Our first campsite was at the head of a valley on the edge of some wilderness, next to an idyllic little alpine stream. The only bummer is the beetle kill, which has decimated the pine forest throughout the region (you can see it in the photos below). It’s so sad to see essentially the entire forest, standing dead. Only a small fraction of the pines were spared—in the next decade there will be a huge number of dead trees falling everywhere, and it will be decades before the forest recovers.
The second night we had to drive a bit; our first attempt up a backroad yielded no good options We ended up driving way up a bumpy road, then off the end when it ran out, into a high alpine meadow in the middle of nowhere—we definitely weren’t worried about anybody disturbing our solitude at that spot.
For the second blank region, we left the pavement along the paved road between Chama and Antonito (Rt 17), and headed south towards the CO/NM border. There’s a historic steam train that travels between Chama and Antonito, that we intend to ride with the boys but haven’t done yet. About an hour in, you reach Osier, one of the old train stations along that route, way down in the Chama river valley. The road into this valley is characterized by incredible views across green meadows interspersed with aspen and pine groves, with remote and primitive camping for miles along the road in. Remarkably, the dirt road as far as Osier station would be doable with a low-clearance 2WD vehicle—there were a few large camp trailers tucked in the trees along the way, and a Subaru visiting Osier when we passed through.

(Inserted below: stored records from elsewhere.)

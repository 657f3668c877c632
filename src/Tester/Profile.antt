-- ===== src/Tester/Profile.antt =====
-- code/harness/Tester.cpp: log_profile_save and log_profile_load. A file is the list of its bytes, or
-- `none` if it cannot be opened; of Tester's state they use `log_data`. A result `none` is an
-- assertion of disk_write::serialize or deserialize that fails.
use crashmonkey.Common.{
  ℕ, zero, suc, ◌≤◌, ◌<◌, ◌≡◌, refl, sym, ap, ◌∙◌, Option, none, some, List, [], ◌∷◌, ◌++◌, length,
  All, ◌>>=◌, arith,
}
use mathlib.Core.List.{append-nil}
use mathlib.Core.Option.{}
use crashmonkey.DiskWrite.{DiskWrite}
use crashmonkey.DiskWrite.Stream.{Bytes, serialize, deserialize}
use crashmonkey.DiskWrite.Stream.Size.{length-serialize}
use crashmonkey.DiskWrite.Stream.RoundTrip.{IsBuilt, deserialize-serialize}

pub data Code : Type 0 where
  success : Code
  log_clone_err : Code

-- Each request behind the one before.
unfoldable pub log_profile_save : List DiskWrite → Option Bytes
log_profile_save [] = some []
log_profile_save (w ∷ ws) = do rest ← log_profile_save ws; serialize w rest

-- The loop, with what `log_data` holds: it ends where `peek` finds the end of the file.
unfoldable pub load_loop : ℕ → List DiskWrite → Bytes → Option (List DiskWrite)
load_loop fuel log_data [] = some log_data
load_loop zero log_data (b ∷ bs) = none
load_loop (suc fuel) log_data (b ∷ bs) = do
  (w, rest) ← deserialize (b ∷ bs)
  load_loop fuel (log_data ++ (w ∷ [])) rest

-- Each round reads at least a byte.
unfoldable pub log_profile_load : List DiskWrite → Option Bytes → Option (Code × List DiskWrite)
log_profile_load log_data none = some (log_clone_err, log_data)
log_profile_load log_data (some file) = do
  log_data' ← load_loop (length file) log_data file
  some (success, log_data')

append_one {ℓ} :
    {A : Type ℓ} (xs : List A) (w : A) (ws : List A) → (xs ++ (w ∷ [])) ++ ws ≡ xs ++ (w ∷ ws)
append_one [] w ws = refl
append_one (x ∷ xs) w ws = ap (λ l. x ∷ l) (append_one xs w ws)

load_round :
    (fuel : ℕ) (log_data : List DiskWrite) (text rest : Bytes) (w : DiskWrite)
    → 0 < length text
    → deserialize text ≡ some (w, rest)
    → load_loop (suc fuel) log_data text ≡ load_loop fuel (log_data ++ (w ∷ [])) rest
unfolding load_loop
load_round fuel log_data [] rest w h e = elim h [ ]
load_round fuel log_data (b ∷ bs) rest w h e = rw (e) refl

load_end : (fuel : ℕ) (log_data : List DiskWrite) → load_loop fuel log_data [] ≡ some log_data
unfolding load_loop
load_end zero log_data = refl
load_end (suc fuel) log_data = refl

load_loop-save :
    (ws : List DiskWrite)
    → All IsBuilt ws
    → (text : Bytes) × (log_profile_save ws ≡ some text)
      × ((fuel : ℕ) (log_data : List DiskWrite)
          → length text ≤ fuel
          → load_loop fuel log_data text ≡ some (log_data ++ ws))
unfolding log_profile_save
load_loop-save [] built =
    ([], refl, λ fuel log_data h. load_end fuel log_data ∙ ap some (sym (append-nil log_data)))
load_loop-save (w ∷ ws) (one, built) =
    let (rest, saved, loads) = load_loop-save ws built in
    let (text, put, get) = deserialize-serialize w rest one in
    let longer = length-serialize w rest put in
    (text, rw (saved) put, go text rest loads get longer)
  where
    go :
        (text rest : Bytes)
        → ((fuel : ℕ) (log_data : List DiskWrite)
            → length rest ≤ fuel
            → load_loop fuel log_data rest ≡ some (log_data ++ ws))
        → deserialize text ≡ some (w, rest)
        → length rest < length text
        → (fuel : ℕ) (log_data : List DiskWrite) → length text ≤ fuel
        → load_loop fuel log_data text ≡ some (log_data ++ (w ∷ ws))
    go text rest loads get longer zero log_data h = absurd (omega arith)
    go text rest loads get longer (suc fuel) log_data h =
        load_round fuel log_data text rest w (omega arith) get
        ∙ loads fuel (log_data ++ (w ∷ [])) (omega arith)
        ∙ ap some (append_one log_data w ws)

-- A log of requests that the constructor of disk_write built is saved by log_profile_save without
-- a failing assertion, and log_profile_load of that file ends with SUCCESS and puts the same
-- requests, in order, behind those that log_data holds.
pub log_profile_load-save :
    (log_data ws : List DiskWrite)
    → All IsBuilt ws
    → (file : Bytes) × (log_profile_save ws ≡ some file)
      × (log_profile_load log_data (some file) ≡ some (success, log_data ++ ws))
unfolding log_profile_load
log_profile_load-save log_data ws built =
    let (file, saved, loads) = load_loop-save ws built in
    (file, saved, rw (loads (length file) log_data (omega arith)) refl)
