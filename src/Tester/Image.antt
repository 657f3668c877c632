-- ===== src/Tester/Image.antt =====
-- code/harness/Tester.cpp: log_snapshot_save and log_snapshot_load, which keep the disk's base image in
-- a file. A result `none` is a failed assertion, or the fuel of a loop ran out.
pub mod Copies
use crashmonkey.Common.{
  ℕ, zero, suc, ◌+◌, ◌-◌, ◌%◌, ◌^◌, Bool, true, false, ltb, ◌>>=◌, Option, none, some, length,
  tabulate, get_or,
}
use crashmonkey.DiskWrite.Stream.{Bytes}
use crashmonkey.CowBrd.{Page}
use crashmonkey.CowBrd.Pages.{memcpy}
use crashmonkey.Tester.Profile.{Code, success, log_clone_err}

-- read and write of n bytes at a position of the device, where `none` is a negative result, the ioctl
-- COW_BRD_WIPE, and all that follows the last write: fsync, close and the ioctl COW_BRD_SNAPSHOT.
pub record ImageCalls (G : Type 0) : Type 0 where
  pub read : G → ℕ → ℕ → Option ℕ × G
  pub write : G → ℕ → ℕ → Option ℕ × G
  pub wipe : G → Page → Page × G
  pub finish : G → G

-- Sums of `unsigned int`.
abbrev pub wrap : ℕ → ℕ
wrap n = n % 4294967296

module _ {G : Type 0} (calls : ImageCalls G) (device_size : ℕ) where
  -- The device is read from where cow_brd_fd stands, its beginning. An error ends the loop.
  unfoldable pub save_loop : ℕ → G → Page → Page → ℕ → Option (Page × G)
  save_loop zero g disk device_clone bytes_read = none
  save_loop (suc fuel) g disk device_clone bytes_read =
      let (res, g') = calls.read g bytes_read (device_size - bytes_read) in
      elim res [
        | none ↦ some (device_clone, g')
        | some k ↦
            let device_clone' = memcpy device_clone bytes_read (λ j. disk (bytes_read + j)) k in
            elim (ltb (wrap (bytes_read + k)) device_size) [
              | true ↦ save_loop fuel g' disk device_clone' (wrap (bytes_read + k))
              | false ↦ some (device_clone', g')
            ]
      ]

  -- `fails` is log.fail(), and `stale` what the array holds before it is read into; the file's bytes
  -- come with the result.
  unfoldable pub log_snapshot_save : G → Page → Page → Bool → Option (Code × Bytes × G)
  log_snapshot_save g disk stale fails = do
    (device_clone, g') ← save_loop (suc device_size) g disk stale 0
    some (
      elim fails [ true ↦ log_clone_err | false ↦ success ],
      tabulate device_size device_clone,
      g',
    )

  -- The device's position moves with what was written; bytes_written also takes an error's -1.
  unfoldable pub load_loop : ℕ → G → Page → Page → ℕ → ℕ → Option (Page × G)
  load_loop zero g disk device_clone position bytes_written = none
  load_loop (suc fuel) g disk device_clone position bytes_written =
      let (res, g') = calls.write g position (device_size - bytes_written) in
      elim res [
        | none ↦ elim (ltb (wrap (bytes_written + 4294967295)) device_size) [
          | true ↦ load_loop fuel g' disk device_clone position (wrap (bytes_written + 4294967295))
          | false ↦ some (disk, g')
        ]
        | some k ↦
            let disk' = memcpy disk position (λ j. device_clone (bytes_written + j)) k in
            elim (ltb (wrap (bytes_written + k)) device_size) [
              | true ↦
                  load_loop fuel g' disk' device_clone (position + k) (wrap (bytes_written + k))
              | false ↦ some (disk', g')
            ]
      ]

  -- What follows the read of the file, whether it had enough bytes.
  unfoldable pub load_image : Bool → G → Page → Bytes → Option (Code × Page × G)
  load_image true g disk file = some (log_clone_err, disk, g)
  load_image false g disk file = do
    (disk', g') ← load_loop (suc device_size) g disk (λ a. get_or file a 0) 0 0
    some (success, disk', calls.finish g')

  -- A file that is longer fails the assertion.
  unfoldable pub log_snapshot_load : G → Page → Bytes → Option (Code × Page × G)
  log_snapshot_load g disk file =
      let (wiped, g') = calls.wipe g disk in
      elim (ltb device_size (length file)) [
        | true ↦ none
        | false ↦ load_image (ltb (length file) device_size) g' wiped file
      ]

At the very bottom of the valley, just below the Osier Station, you cross Osier Creek… and leave the weaker vehicles behind. The road switchbacks up the southern side of the valley then travels south through the woods to meet up with the continental divide, crossing several small streams and becoming increasingly rough and difficult. (For the record, Karen says this is an understatement – let it be known that this section of the road is unreliable, as it could easily become impassable in spots, due to erosion, slippery mud, etc; and you should be very confident in your vehicle and off-road driving skills before attempting this portion of the road.)

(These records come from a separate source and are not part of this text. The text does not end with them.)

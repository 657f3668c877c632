-- ===== src/Tester/Image/Copies.antt =====
-- code/harness/Tester.cpp: a disk image saved and loaded, and a load whose writes fail.
use crashmonkey.Common.{
  ℕ, zero, suc, ◌+◌, ◌-◌, ◌<◌, ◌≤◌, ◌≡◌, refl, ap, ◌∙◌, inl, inr, Bool, true, false, ltb, leb, ◌&&◌,
  ltb→lt, Bool-cases, ◌>>=◌, Option, none, some, length, tabulate, get_or, arith,
}
use crashmonkey.DiskWrite.Stream.{Bytes}
use crashmonkey.CowBrd.{Page}
use crashmonkey.CowBrd.Pages.{memcpy}
use crashmonkey.Tester.Profile.{success}
use crashmonkey.Tester.Image.{
  ImageCalls, wrap, save_loop, log_snapshot_save, load_loop, load_image, log_snapshot_load,
}

-- The first n bytes are copied.
Agree : Page → Page → ℕ → Type 0
Agree dst src n = (a : ℕ) → a < n → dst a ≡ src a

Agree-memcpy :
    (dst src : Page) (n k : ℕ)
    → Agree dst src n
    → Agree (memcpy dst n (λ j. src (n + j)) k) src (n + k)
unfolding Agree memcpy
Agree-memcpy dst src n k agree a below = elim (Bool-cases (leb n a && ltb a (n + k))) [
  | inl inside ↦ rw (inside) (ap src (ground (arith, inside)))
  | inr outside ↦ rw (outside) (agree a (ground (arith, outside, below)))
]

get_or-tabulate : (n : ℕ) (f : Page) (a : ℕ) → a < n → get_or (tabulate n f) a 0 ≡ f a
get_or-tabulate zero f a below = absurd (omega arith)
get_or-tabulate (suc n) f zero below = refl
get_or-tabulate (suc n) f (suc a) below = get_or-tabulate n (λ k. f (suc k)) a (omega arith)

length-tabulate : (n : ℕ) (f : Page) → length (tabulate n f) ≡ n
length-tabulate zero f = refl
length-tabulate (suc n) f = ap suc (length-tabulate n (λ k. f (suc k)))

Agree-whole : (dst src : Page) (n m : ℕ) → ltb n m ≡ false → Agree dst src n → Agree dst src m
unfolding Agree
Agree-whole dst src n m last agree a below = agree a (ground (arith, last, below))

-- A call that always takes at least one byte of those it is given.
unfoldable pub Works : {G : Type 0} → (G → ℕ → ℕ → Option ℕ × G) → Type 0
Works {G} call =
    (g : G) (position n : ℕ)
    → (k : ℕ) × (g' : G) × (call g position n ≡ (some k, g')) × (k ≤ n) × (0 < n → 0 < k)

module _ {G : Type 0} (calls : ImageCalls G) (device_size : ℕ) where
  save_loop-step :
      (fuel : ℕ) (g g' : G) (disk clone : Page) (done k : ℕ)
      → calls.read g done (device_size - done) ≡ (some k, g')
      → save_loop calls device_size (suc fuel) g disk clone done
        ≡ (elim (ltb (wrap (done + k)) device_size) [
          | true ↦
              save_loop calls device_size fuel g' disk
                (memcpy clone done (λ j. disk (done + j)) k)
                (wrap (done + k))
          | false ↦ some (memcpy clone done (λ j. disk (done + j)) k, g')
        ])
  unfolding save_loop
  save_loop-step fuel g g' disk clone done k e =
      ap
        (λ q. elim q.0 [
          | none ↦ some (clone, q.1)
          | some c ↦ elim (ltb (wrap (done + c)) device_size) [
            | true ↦
                save_loop calls device_size fuel q.1 disk
                  (memcpy clone done (λ j. disk (done + j)) c) (wrap (done + c))
            | false ↦ some (memcpy clone done (λ j. disk (done + j)) c, q.1)
          ]
        ])
        e

  load_loop-step :
      (fuel : ℕ) (g g' : G) (disk clone : Page) (done k : ℕ)
      → calls.write g done (device_size - done) ≡ (some k, g')
      → load_loop calls device_size (suc fuel) g disk clone done done
        ≡ (elim (ltb (wrap (done + k)) device_size) [
          | true ↦
              load_loop calls device_size fuel g'
                (memcpy disk done (λ j. clone (done + j)) k)
                clone
                (done + k)
                (wrap (done + k))
          | false ↦ some (memcpy disk done (λ j. clone (done + j)) k, g')
        ])
  unfolding load_loop
  load_loop-step fuel g g' disk clone done k e =
      ap
        (λ q. elim q.0 [
          | none ↦ elim (ltb (wrap (done + 4294967295)) device_size) [
            | true ↦ load_loop calls device_size fuel q.1 disk clone done (wrap (done + 4294967295))
            | false ↦ some (disk, q.1)
          ]
          | some c ↦ elim (ltb (wrap (done + c)) device_size) [
            | true ↦
                load_loop calls device_size fuel q.1 (memcpy disk done (λ j. clone (done + j)) c)
                  clone (done + c) (wrap (done + c))
            | false ↦ some (memcpy disk done (λ j. clone (done + j)) c, q.1)
          ]
        ])
        e

  unwrap :
      (done k : ℕ)
      → device_size < 4294967296
      → done ≤ device_size
      → k ≤ device_size - done
      → wrap (done + k) ≡ done + k
  unwrap done k small inside most = omega arith

  save_loop-Agree :
      Works calls.read
      → device_size < 4294967296
      → (fuel : ℕ) (g : G) (disk clone : Page) (done : ℕ) → done ≤ device_size
      → device_size - done < fuel
      → Agree clone disk done
      → (clone' : Page) × (g' : G) × (save_loop calls device_size fuel g disk clone done
          ≡ some (clone', g'))
        × Agree clone' disk device_size
  unfolding Works
  save_loop-Agree works small zero g disk clone done inside room agree = absurd (omega arith)
  save_loop-Agree works small (suc fuel) g disk clone done inside room agree =
      let (k, g1, e, most, moves) = works g done (device_size - done) in
      let clone1 = memcpy clone done (λ j. disk (done + j)) k in
      let agree1 = Agree-memcpy clone disk done k agree in
      let step = save_loop-step fuel g g1 disk clone done k e in
      let next : ℕ → Bool → Option (Page × G) = λ n b. elim b [
        | true ↦ save_loop calls device_size fuel g1 disk clone1 n
        | false ↦ some (clone1, g1)
      ] in
      let plain = step ∙ ap (λ n. next n (ltb n device_size)) (unwrap done k small inside most) in
      elim (Bool-cases (ltb (done + k) device_size)) [
        | inl more ↦
            let (clone', g', runs, all) =
              save_loop-Agree works small fuel g1 disk clone1 (done + k)
                (omega (arith, ltb→lt _ _ more)) (omega (arith, ltb→lt _ _ more, moves)) agree1 in
            (clone', g', plain ∙ ap (next (done + k)) more ∙ runs, all)
        | inr last ↦ (
          clone1,
          g1,
          plain ∙ ap (next (done + k)) last,
          Agree-whole clone1 disk (done + k) device_size last agree1,
        )
      ]

  load_loop-Agree :
      Works calls.write
      → device_size < 4294967296
      → (fuel : ℕ) (g : G) (disk clone : Page) (done : ℕ) → done ≤ device_size
      → device_size - done < fuel
      → Agree disk clone done
      → (disk' : Page) × (g' : G) × (load_loop calls device_size fuel g disk clone done done
          ≡ some (disk', g'))
        × Agree disk' clone device_size
  unfolding Works
  load_loop-Agree works small zero g disk clone done inside room agree = absurd (omega arith)
  load_loop-Agree works small (suc fuel) g disk clone done inside room agree =
      let (k, g1, e, most, moves) = works g done (device_size - done) in
      let disk1 = memcpy disk done (λ j. clone (done + j)) k in
      let agree1 = Agree-memcpy disk clone done k agree in
      let step = load_loop-step fuel g g1 disk clone done k e in
      let next : ℕ → Bool → Option (Page × G) = λ n b. elim b [
        | true ↦ load_loop calls device_size fuel g1 disk1 clone (done + k) n
        | false ↦ some (disk1, g1)
      ] in
      let plain = step ∙ ap (λ n. next n (ltb n device_size)) (unwrap done k small inside most) in
      elim (Bool-cases (ltb (done + k) device_size)) [
        | inl more ↦
            let (disk', g', runs, all) =
              load_loop-Agree works small fuel g1 disk1 clone (done + k)
                (omega (arith, ltb→lt _ _ more)) (omega (arith, ltb→lt _ _ more, moves)) agree1 in
            (disk', g', plain ∙ ap (next (done + k)) more ∙ runs, all)
        | inr last ↦ (
          disk1,
          g1,
          plain ∙ ap (next (done + k)) last,
          Agree-whole disk1 clone (done + k) device_size last agree1,
        )
      ]

  load_image-of :
      (g g' : G) (disk disk' : Page) (file : Bytes)
      → length file ≡ device_size
      → load_loop calls device_size
          (suc device_size)
          (calls.wipe g disk).1
          (calls.wipe g disk).0
          (λ a. get_or file a 0)
          0
          0
        ≡ some (disk', g')
      → log_snapshot_load calls device_size g disk file ≡ some (success, disk', calls.finish g')
  unfolding log_snapshot_load load_image
  load_image-of g g' disk disk' file long runs =
      let not_longer : ltb device_size (length file) ≡ false = ground (arith, long) in
      let not_shorter : ltb (length file) device_size ≡ false = ground (arith, long) in
      let w = calls.wipe g disk in
      ap
        (λ b. elim b [
          | true ↦ none
          | false ↦ load_image calls device_size (ltb (length file) device_size) w.1 w.0 file
        ])
        not_longer
      ∙ ap (λ b. load_image calls device_size b w.1 w.0 file) not_shorter
      ∙ ap (λ o. o >>= (λ q. some (success, q.0, calls.finish q.1))) runs

  save-of :
      (g g' : G) (disk stale clone' : Page)
      → save_loop calls device_size (suc device_size) g disk stale 0 ≡ some (clone', g')
      → log_snapshot_save calls device_size g disk stale false
        ≡ some (success, tabulate device_size clone', g')
  unfolding log_snapshot_save
  save-of g g' disk stale clone' runs =
      ap (λ o. o >>= (λ q. some (success, tabulate device_size q.0, q.1))) runs

  -- Where each read and each write of the device takes at least one byte of those it is given and
  -- none more, device_size is below 2^32 and the file can be written, log_snapshot_save returns
  -- SUCCESS, and log_snapshot_load of the file that it wrote returns SUCCESS too and leaves on the
  -- disk, whatever was there, the device_size bytes that were saved.
  pub log_snapshot_load-save :
      Works calls.read
      → Works calls.write
      → device_size < 4294967296
      → (g g2 : G) (disk stale other : Page)
      → (file : Bytes) × (g1 : G) × (disk' : Page) × (g3 : G) × (log_snapshot_save calls device_size
            g disk stale false
          ≡ some (success, file, g1))
        × (log_snapshot_load calls device_size g2 other file ≡ some (success, disk', g3))
        × ((a : ℕ) → a < device_size → disk' a ≡ disk a)
  unfolding Agree
  log_snapshot_load-save reads writes small g g2 disk stale other =
      let (clone, g1, saves, same) =
        save_loop-Agree reads small (suc device_size) g disk stale 0 (omega arith) (omega arith)
          (λ a none_below. absurd (omega arith)) in
      let file = tabulate device_size clone in
      let (disk', g3, loads, same') =
        load_loop-Agree writes small (suc device_size) (calls.wipe g2 other).1
          (calls.wipe g2 other).0 (λ a. get_or file a 0) 0 (omega arith) (omega arith)
          (λ a none_below. absurd (omega arith)) in
      (
        file,
        g1,
        disk',
        calls.finish g3,
        save-of g g1 disk stale clone saves,
        load_image-of g2 g3 other disk' file (length-tabulate device_size clone) loads,
        λ a below. same' a below ∙ get_or-tabulate device_size clone a below ∙ same a below,
      )

  load_loop-failed :
      (fuel : ℕ) (g : G) (disk clone : Page)
      → (calls.write g 0 (device_size - 0)).0 ≡ none
      → ltb (wrap (0 + 4294967295)) device_size ≡ false
      → load_loop calls device_size (suc fuel) g disk clone 0 0
        ≡ some (disk, (calls.write g 0 (device_size - 0)).1)
  unfolding load_loop
  load_loop-failed fuel g disk clone e last =
      let g' = (calls.write g 0 (device_size - 0)).1 in
      ap
        (λ o. elim o [
          | none ↦ elim (ltb (wrap (0 + 4294967295)) device_size) [
            | true ↦ load_loop calls device_size fuel g' disk clone 0 (wrap (0 + 4294967295))
            | false ↦ some (disk, g')
          ]
          | some k ↦ elim (ltb (wrap (0 + k)) device_size) [
            | true ↦
                load_loop calls device_size fuel g' (memcpy disk 0 (λ j. clone (0 + j)) k) clone
                  (0 + k) (wrap (0 + k))
            | false ↦ some (memcpy disk 0 (λ j. clone (0 + j)) k, g')
          ]
        ])
        e
      ∙ ap
          (λ b. elim b [
            | true ↦ load_loop calls device_size fuel g' disk clone 0 (wrap (0 + 4294967295))
            | false ↦ some (disk, g')
          ])
          last

  -- Where every write to the device fails, device_size is below 2^32 and the file has device_size
  -- bytes, log_snapshot_load returns SUCCESS and leaves the wiped disk.
  pub log_snapshot_load-fails :
      ((g : G) (position n : ℕ) → (calls.write g position n).0 ≡ none)
      → device_size < 4294967296
      → (g : G) (disk : Page) (file : Bytes) → length file ≡ device_size
      → (g' : G) × (log_snapshot_load calls device_size g disk file
          ≡ some (success, (calls.wipe g disk).0, g'))
  log_snapshot_load-fails fails small g disk file long =
      let w = calls.wipe g disk in
      let q = calls.write w.1 0 (device_size - 0) in
      let last : ltb (wrap (0 + 4294967295)) device_size ≡ false = ground (arith, small) in
      (
        calls.finish q.1,
        load_image-of g q.1 disk w.0 file long (
            load_loop-failed device_size w.1 w.0 (λ a. get_or file a 0)
              (fails w.1 0 (device_size - 0)) last),
      )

There is a stretch at the top of the divide, for about half-mile, right on the western border of the Cruces Basin Wilderness, where the road drives along a bluff. The view to the east is incredible, over miles of meadows, streams, aspen and pine forest. You can pull off and camp amongst sparse pine right on the overlook. It sure isn’t easy to get to it—you have to earn it with long miles on bumpy 4WD roads—but it is truly on of the most impressive places I’ve ever considered camping. When we were up there, it was raining on us, with dark clouds and lightning headed toward us, so we elected to move on. Probably not the best place to be in a thunderstorm. But man I can’t wait to get back there, perhaps during one of the meteor showers, or even in a few weeks for the aspen colors.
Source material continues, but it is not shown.